WHAT IS NEEDED:
Bring together all lines from the listing below that contain the string "else".

RECORDS PROVIDED:
▼▼▼
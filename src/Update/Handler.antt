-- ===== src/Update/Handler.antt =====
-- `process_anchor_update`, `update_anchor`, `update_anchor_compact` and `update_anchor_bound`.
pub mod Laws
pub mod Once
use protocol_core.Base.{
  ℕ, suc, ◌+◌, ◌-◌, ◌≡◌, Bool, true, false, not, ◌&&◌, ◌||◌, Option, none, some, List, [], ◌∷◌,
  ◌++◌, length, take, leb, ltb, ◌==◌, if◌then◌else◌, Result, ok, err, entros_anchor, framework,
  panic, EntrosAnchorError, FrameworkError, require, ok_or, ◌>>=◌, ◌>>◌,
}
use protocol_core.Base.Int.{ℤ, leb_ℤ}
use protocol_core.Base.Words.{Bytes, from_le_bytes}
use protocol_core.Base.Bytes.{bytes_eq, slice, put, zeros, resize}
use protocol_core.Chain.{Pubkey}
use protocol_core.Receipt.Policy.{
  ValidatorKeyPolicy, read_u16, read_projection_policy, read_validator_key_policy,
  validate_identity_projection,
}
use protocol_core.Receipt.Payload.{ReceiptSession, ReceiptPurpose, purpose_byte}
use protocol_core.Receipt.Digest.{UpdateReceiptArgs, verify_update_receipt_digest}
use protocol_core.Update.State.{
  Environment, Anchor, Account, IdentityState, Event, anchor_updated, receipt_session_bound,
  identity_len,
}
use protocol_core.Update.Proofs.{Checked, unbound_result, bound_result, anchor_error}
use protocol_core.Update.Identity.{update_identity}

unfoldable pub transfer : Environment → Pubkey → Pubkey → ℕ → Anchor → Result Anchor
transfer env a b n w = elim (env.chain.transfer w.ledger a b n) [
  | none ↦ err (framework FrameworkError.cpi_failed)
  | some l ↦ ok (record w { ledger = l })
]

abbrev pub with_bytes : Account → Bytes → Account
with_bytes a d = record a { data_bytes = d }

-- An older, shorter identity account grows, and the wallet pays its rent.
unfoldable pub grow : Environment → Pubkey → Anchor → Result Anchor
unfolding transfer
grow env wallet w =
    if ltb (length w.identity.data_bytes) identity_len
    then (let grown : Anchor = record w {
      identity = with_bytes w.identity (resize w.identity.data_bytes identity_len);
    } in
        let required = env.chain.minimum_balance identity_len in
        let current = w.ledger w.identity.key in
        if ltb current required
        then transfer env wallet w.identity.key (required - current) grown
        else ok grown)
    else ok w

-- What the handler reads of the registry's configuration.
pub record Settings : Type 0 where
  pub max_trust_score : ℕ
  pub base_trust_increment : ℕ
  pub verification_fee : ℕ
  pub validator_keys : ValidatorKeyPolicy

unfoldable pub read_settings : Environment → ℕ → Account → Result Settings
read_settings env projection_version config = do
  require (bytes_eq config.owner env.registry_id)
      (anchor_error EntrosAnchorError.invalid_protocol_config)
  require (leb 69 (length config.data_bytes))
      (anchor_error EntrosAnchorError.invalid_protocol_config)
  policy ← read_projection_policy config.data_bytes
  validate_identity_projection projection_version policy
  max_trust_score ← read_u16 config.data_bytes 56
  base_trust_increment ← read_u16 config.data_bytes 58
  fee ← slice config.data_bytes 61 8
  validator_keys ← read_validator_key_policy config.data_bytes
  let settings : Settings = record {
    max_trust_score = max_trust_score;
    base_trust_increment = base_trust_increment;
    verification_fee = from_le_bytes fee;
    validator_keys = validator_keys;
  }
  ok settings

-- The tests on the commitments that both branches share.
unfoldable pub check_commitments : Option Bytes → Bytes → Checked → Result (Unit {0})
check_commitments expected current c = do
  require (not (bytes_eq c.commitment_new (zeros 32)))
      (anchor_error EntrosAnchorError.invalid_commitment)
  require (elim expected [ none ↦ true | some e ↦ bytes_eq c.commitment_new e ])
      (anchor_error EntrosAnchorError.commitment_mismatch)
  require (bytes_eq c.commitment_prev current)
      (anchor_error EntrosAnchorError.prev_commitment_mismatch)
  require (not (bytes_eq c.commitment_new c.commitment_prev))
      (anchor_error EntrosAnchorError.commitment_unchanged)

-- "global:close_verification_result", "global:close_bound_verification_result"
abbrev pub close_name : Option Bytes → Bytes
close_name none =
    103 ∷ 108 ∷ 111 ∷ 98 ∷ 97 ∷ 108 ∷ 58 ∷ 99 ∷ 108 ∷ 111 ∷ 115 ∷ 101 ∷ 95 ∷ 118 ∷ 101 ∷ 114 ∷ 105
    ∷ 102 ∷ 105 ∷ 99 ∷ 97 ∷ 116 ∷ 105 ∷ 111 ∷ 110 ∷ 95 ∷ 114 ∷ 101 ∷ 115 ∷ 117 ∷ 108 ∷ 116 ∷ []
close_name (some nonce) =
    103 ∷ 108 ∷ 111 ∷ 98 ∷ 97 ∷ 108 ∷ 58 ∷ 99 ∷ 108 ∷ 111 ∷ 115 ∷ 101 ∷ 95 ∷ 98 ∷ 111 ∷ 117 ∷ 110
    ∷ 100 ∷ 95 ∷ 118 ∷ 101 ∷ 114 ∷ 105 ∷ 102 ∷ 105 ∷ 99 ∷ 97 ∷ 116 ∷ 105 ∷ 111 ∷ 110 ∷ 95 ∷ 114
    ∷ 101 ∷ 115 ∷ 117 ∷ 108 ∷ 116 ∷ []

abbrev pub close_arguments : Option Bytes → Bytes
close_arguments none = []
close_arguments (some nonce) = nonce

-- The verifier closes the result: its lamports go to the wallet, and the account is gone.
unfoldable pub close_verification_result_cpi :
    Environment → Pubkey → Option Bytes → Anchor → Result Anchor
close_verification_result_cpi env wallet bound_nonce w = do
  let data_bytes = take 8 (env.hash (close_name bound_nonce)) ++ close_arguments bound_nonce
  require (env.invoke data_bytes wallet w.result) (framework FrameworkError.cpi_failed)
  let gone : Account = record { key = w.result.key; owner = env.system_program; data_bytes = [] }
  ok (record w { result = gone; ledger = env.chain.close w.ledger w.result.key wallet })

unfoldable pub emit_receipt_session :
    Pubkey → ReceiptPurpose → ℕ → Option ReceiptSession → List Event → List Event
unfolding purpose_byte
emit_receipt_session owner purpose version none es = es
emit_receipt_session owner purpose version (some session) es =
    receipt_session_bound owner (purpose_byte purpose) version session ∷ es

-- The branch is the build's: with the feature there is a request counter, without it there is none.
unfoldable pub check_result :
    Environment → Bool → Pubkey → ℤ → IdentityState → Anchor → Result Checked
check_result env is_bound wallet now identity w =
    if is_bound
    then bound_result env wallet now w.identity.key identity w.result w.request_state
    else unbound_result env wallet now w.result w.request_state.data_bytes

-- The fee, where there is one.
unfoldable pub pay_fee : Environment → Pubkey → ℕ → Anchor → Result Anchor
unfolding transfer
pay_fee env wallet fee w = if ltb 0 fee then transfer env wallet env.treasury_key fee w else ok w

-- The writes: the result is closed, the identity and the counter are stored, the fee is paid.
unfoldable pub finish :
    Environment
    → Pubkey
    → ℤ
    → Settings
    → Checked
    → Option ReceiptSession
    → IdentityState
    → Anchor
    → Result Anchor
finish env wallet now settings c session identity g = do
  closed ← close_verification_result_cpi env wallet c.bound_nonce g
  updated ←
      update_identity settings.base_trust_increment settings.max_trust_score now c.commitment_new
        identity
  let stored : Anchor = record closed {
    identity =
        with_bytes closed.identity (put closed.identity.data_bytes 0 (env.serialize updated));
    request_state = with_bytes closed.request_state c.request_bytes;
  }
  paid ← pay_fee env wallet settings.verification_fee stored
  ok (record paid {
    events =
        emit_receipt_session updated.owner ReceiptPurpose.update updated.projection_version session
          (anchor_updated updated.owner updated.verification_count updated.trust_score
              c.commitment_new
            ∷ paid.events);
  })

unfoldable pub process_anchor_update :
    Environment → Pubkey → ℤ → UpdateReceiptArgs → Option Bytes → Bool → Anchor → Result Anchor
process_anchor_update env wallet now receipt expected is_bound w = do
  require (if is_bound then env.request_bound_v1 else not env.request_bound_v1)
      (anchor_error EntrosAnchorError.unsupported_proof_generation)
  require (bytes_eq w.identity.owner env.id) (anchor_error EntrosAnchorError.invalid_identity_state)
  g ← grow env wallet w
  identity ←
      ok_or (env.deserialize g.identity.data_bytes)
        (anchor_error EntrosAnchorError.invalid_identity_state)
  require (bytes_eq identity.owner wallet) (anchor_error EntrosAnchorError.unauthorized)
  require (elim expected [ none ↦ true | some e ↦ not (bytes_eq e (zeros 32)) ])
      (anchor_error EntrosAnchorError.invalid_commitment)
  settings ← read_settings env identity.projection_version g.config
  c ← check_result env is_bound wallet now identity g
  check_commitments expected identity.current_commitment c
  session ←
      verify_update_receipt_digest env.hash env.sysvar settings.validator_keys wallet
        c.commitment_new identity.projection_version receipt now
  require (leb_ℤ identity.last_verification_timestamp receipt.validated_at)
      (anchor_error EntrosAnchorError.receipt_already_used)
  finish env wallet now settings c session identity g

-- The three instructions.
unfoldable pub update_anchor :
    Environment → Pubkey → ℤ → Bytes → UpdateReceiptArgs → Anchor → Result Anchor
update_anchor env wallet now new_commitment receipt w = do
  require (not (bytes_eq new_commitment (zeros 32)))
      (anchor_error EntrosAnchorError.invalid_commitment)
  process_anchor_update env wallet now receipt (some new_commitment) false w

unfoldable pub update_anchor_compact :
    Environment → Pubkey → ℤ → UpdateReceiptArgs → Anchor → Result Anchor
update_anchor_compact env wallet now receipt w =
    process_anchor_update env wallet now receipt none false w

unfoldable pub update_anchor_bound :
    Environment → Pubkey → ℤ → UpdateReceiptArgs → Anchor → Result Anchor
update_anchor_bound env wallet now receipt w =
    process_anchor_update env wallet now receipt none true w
▲▲▲
THE ANSWER:
  ◌++◌, length, take, leb, ltb, ◌==◌, if◌then◌else◌, Result, ok, err, entros_anchor, framework,
        else ok grown)
    else ok w
    else unbound_result env wallet now w.result w.request_state.data_bytes
pay_fee env wallet fee w = if ltb 0 fee then transfer env wallet env.treasury_key fee w else ok w
  require (if is_bound then env.request_bound_v1 else not env.request_bound_v1)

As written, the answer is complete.